■ MATERIAL SUPPLIED
——

-- ===== src/Serialization/Values/Sizes.antt =====
-- The lengths before values: their octets, and what is read back.
use libblocxx_deb.Prelude.{
  ℕ, zero, suc, ◌+◌, ◌*◌, ◌/◌, ◌^◌, ◌%◌, ◌<◌, ◌≡◌, refl, ◌∙◌, ap, true, false, [], ◌∷◌, ◌++◌,
  bit_and, bit_or, arith, ltb, leb, length, drop-append, take-append, le→leb, length-append,
  Bool-cases, ltb→lt, inl, inr,
}
use libblocxx_deb.Prelude.Bits.{◌<<◌, ◌>>◌, bit_and_ones, bit_and_above, bit_or_disjoint}
use native.Mathlib.Nat.{pow-suc}
use libblocxx_deb.Serialization.Stream.{
  Bytes, done, after, ok, read, octets, join, write_len, read_len, length_length, len_from,
}

low_byte : (n : ℕ) → bit_and n 255 ≡ n % 256
low_byte n = bit_and_ones 8 n

-- One more byte of a number that has room for it.
next_byte : (len b : ℕ) → len < 2 ^ 24 → b < 256 → bit_or ((len << 8) % 2 ^ 32) b ≡ len * 256 + b
next_byte len b h k = ground (arith, bit_or_disjoint 8 len b)

length-octets : (k n : ℕ) (net : Bytes) → length (octets k n net) ≡ k + length net
length-octets zero n net = omega arith
length-octets (suc k) n net = omega (arith, length-octets k (n >> 8) (bit_and n 255 ∷ net))

-- The octets of a word, read from the highest one on.
pub join-octets :
    (k n : ℕ) (net : Bytes) → n < 256 ^ k → n < 2 ^ 32 → join 0 (octets k n net) ≡ join n net
join-octets zero n net h w = ap (λ m. join m net) (omega arith)
join-octets (suc k) n net h w =
    join-octets k (n / 256) (bit_and n 255 ∷ net) (omega (arith, pow-suc 256 k)) (omega arith)
    ∙ ap (λ m. join m net)
        (rw (low_byte n) (next_byte (n / 256) (n % 256) (omega arith) (omega arith) ∙ omega arith))

-- A read of exactly the bytes before the rest.
pub read-append : (xs rest : Bytes) → read (length xs) (xs ++ rest) ≡ done xs rest
unfolding read
read-append xs rest =
    rw
      (
        take-append xs rest,
        drop-append xs rest,
        le→leb (length xs) (length (xs ++ rest)) (omega (arith, length-append xs rest)),
      )
      refl

pub some_bytes : (rest : Bytes) → leb 1 (suc (length rest)) ≡ true
some_bytes rest = ground arith

pub length_of : (k n : ℕ) → k ≡ length (octets k n [])
length_of k n = omega (arith, length-octets k n [])

-- Each case of the length of a length.
pub read_long :
    (k n : ℕ) (rest : Bytes)
    → n < 256 ^ k
    → n < 2 ^ 32
    → after (read k (octets k n [] ++ rest)) (λ net. ok (join 0 net)) ≡ done n rest
read_long k n rest h w =
    ap (λ m. after (read m (octets k n [] ++ rest)) (λ net. ok (join 0 net))) (length_of k n)
    ∙ rw (read-append (octets k n []) rest) (ap (λ m. done m rest) (join-octets k n [] h w))

pub read_len-cons : (lc : ℕ) (rest : Bytes) → read_len (lc ∷ rest) ≡ len_from lc rest
unfolding read_len read
read_len-cons lc rest = rw (some_bytes rest) refl

read_len-short : (n : ℕ) (rest : Bytes) → n < 128 → read_len (n ∷ rest) ≡ done n rest
read_len-short n rest h = rw (read_len-cons n rest, bit_and_above 7 n h) refl

write_len-long :
    (k n : ℕ) → ltb n 128 ≡ false → length_length n ≡ k → write_len n ≡ bit_or k 128 ∷ octets k n []
unfolding write_len
write_len-long k n h e = rw (h, e) refl

-- A length is read back, and nothing of what is behind it.
pub read_len-write_len :
    (n : ℕ) (rest : Bytes) → n < 2 ^ 32 → read_len (write_len n ++ rest) ≡ done n rest
read_len-write_len n rest h = elim (Bool-cases (ltb n 128)) [
  | inl short ↦ unfold write_len in rw short (read_len-short n rest (ltb→lt n 128 short))
  | inr long ↦ elim (Bool-cases (ltb n 256)) [
    | inl one ↦
        rw (write_len-long 1 n long (rw one refl), read_len-cons 129 (octets 1 n [] ++ rest))
          (read_long 1 n rest (ltb→lt n 256 one) h)
    | inr more ↦ elim (Bool-cases (ltb n 65536)) [
      | inl two ↦
          rw
            (
              write_len-long 2 n long (rw (more, two) refl),
              read_len-cons 130 (octets 2 n [] ++ rest),
            )
            (read_long 2 n rest (ltb→lt n 65536 two) h)
      | inr most ↦ elim (Bool-cases (ltb n 16777216)) [
        | inl three ↦
            rw
              (
                write_len-long 3 n long (rw (more, most, three) refl),
                read_len-cons 131 (octets 3 n [] ++ rest),
              )
              (read_long 3 n rest (ltb→lt n 16777216 three) h)
        | inr four ↦
            rw
              (
                write_len-long 4 n long (rw (more, most, four) refl),
                read_len-cons 132 (octets 4 n [] ++ rest),
              )
              (read_long 4 n rest h h)
      ]
    ]
  ]
]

——

■ WORK REQUIRED
The records must be given again in full, exactly as they were written.

■ RESULT
-- ===== src/Serialization/Values/Sizes.antt =====
-- The lengths before values: their octets, and what is read back.
use libblocxx_deb.Prelude.{
  ℕ, zero, suc, ◌+◌, ◌*◌, ◌/◌, ◌^◌, ◌%◌, ◌<◌, ◌≡◌, refl, ◌∙◌, ap, true, false, [], ◌∷◌, ◌++◌,
  bit_and, bit_or, arith, ltb, leb, length, drop-append, take-append, le→leb, length-append,
  Bool-cases, ltb→lt, inl, inr,
}
use libblocxx_deb.Prelude.Bits.{◌<<◌, ◌>>◌, bit_and_ones, bit_and_above, bit_or_disjoint}
use native.Mathlib.Nat.{pow-suc}
use libblocxx_deb.Serialization.Stream.{
  Bytes, done, after, ok, read, octets, join, write_len, read_len, length_length, len_from,
}

low_byte : (n : ℕ) → bit_and n 255 ≡ n % 256
low_byte n = bit_and_ones 8 n

-- One more byte of a number that has room for it.
next_byte : (len b : ℕ) → len < 2 ^ 24 → b < 256 → bit_or ((len << 8) % 2 ^ 32) b ≡ len * 256 + b
next_byte len b h k = ground (arith, bit_or_disjoint 8 len b)

length-octets : (k n : ℕ) (net : Bytes) → length (octets k n net) ≡ k + length net
length-octets zero n net = omega arith
length-octets (suc k) n net = omega (arith, length-octets k (n >> 8) (bit_and n 255 ∷ net))

-- The octets of a word, read from the highest one on.
pub join-octets :
    (k n : ℕ) (net : Bytes) → n < 256 ^ k → n < 2 ^ 32 → join 0 (octets k n net) ≡ join n net
join-octets zero n net h w = ap (λ m. join m net) (omega arith)
join-octets (suc k) n net h w =
    join-octets k (n / 256) (bit_and n 255 ∷ net) (omega (arith, pow-suc 256 k)) (omega arith)
    ∙ ap (λ m. join m net)
        (rw (low_byte n) (next_byte (n / 256) (n % 256) (omega arith) (omega arith) ∙ omega arith))

-- A read of exactly the bytes before the rest.
pub read-append : (xs rest : Bytes) → read (length xs) (xs ++ rest) ≡ done xs rest
unfolding read
read-append xs rest =
    rw
      (
        take-append xs rest,
        drop-append xs rest,
        le→leb (length xs) (length (xs ++ rest)) (omega (arith, length-append xs rest)),
      )
      refl

pub some_bytes : (rest : Bytes) → leb 1 (suc (length rest)) ≡ true
some_bytes rest = ground arith

pub length_of : (k n : ℕ) → k ≡ length (octets k n [])
length_of k n = omega (arith, length-octets k n [])

-- Each case of the length of a length.
pub read_long :
    (k n : ℕ) (rest : Bytes)
    → n < 256 ^ k
    → n < 2 ^ 32
    → after (read k (octets k n [] ++ rest)) (λ net. ok (join 0 net)) ≡ done n rest
read_long k n rest h w =
    ap (λ m. after (read m (octets k n [] ++ rest)) (λ net. ok (join 0 net))) (length_of k n)
    ∙ rw (read-append (octets k n []) rest) (ap (λ m. done m rest) (join-octets k n [] h w))

pub read_len-cons : (lc : ℕ) (rest : Bytes) → read_len (lc ∷ rest) ≡ len_from lc rest
unfolding read_len read
read_len-cons lc rest = rw (some_bytes rest) refl

read_len-short : (n : ℕ) (rest : Bytes) → n < 128 → read_len (n ∷ rest) ≡ done n rest
read_len-short n rest h = rw (read_len-cons n rest, bit_and_above 7 n h) refl

write_len-long :
    (k n : ℕ) → ltb n 128 ≡ false → length_length n ≡ k → write_len n ≡ bit_or k 128 ∷ octets k n []
unfolding write_len
write_len-long k n h e = rw (h, e) refl

-- A length is read back, and nothing of what is behind it.
pub read_len-write_len :
    (n : ℕ) (rest : Bytes) → n < 2 ^ 32 → read_len (write_len n ++ rest) ≡ done n rest
read_len-write_len n rest h = elim (Bool-cases (ltb n 128)) [
  | inl short ↦ unfold write_len in rw short (read_len-short n rest (ltb→lt n 128 short))
  | inr long ↦ elim (Bool-cases (ltb n 256)) [
    | inl one ↦
        rw (write_len-long 1 n long (rw one refl), read_len-cons 129 (octets 1 n [] ++ rest))
          (read_long 1 n rest (ltb→lt n 256 one) h)
    | inr more ↦ elim (Bool-cases (ltb n 65536)) [
      | inl two ↦
          rw
            (
              write_len-long 2 n long (rw (more, two) refl),
              read_len-cons 130 (octets 2 n [] ++ rest),
            )
            (read_long 2 n rest (ltb→lt n 65536 two) h)
      | inr most ↦ elim (Bool-cases (ltb n 16777216)) [
        | inl three ↦
            rw
              (
                write_len-long 3 n long (rw (more, most, three) refl),
                read_len-cons 131 (octets 3 n [] ++ rest),
              )
              (read_long 3 n rest (ltb→lt n 16777216 three) h)
        | inr four ↦
            rw
              (
                write_len-long 4 n long (rw (more, most, four) refl),
                read_len-cons 132 (octets 4 n [] ++ rest),
              )
              (read_long 4 n rest h h)
      ]
    ]
  ]
]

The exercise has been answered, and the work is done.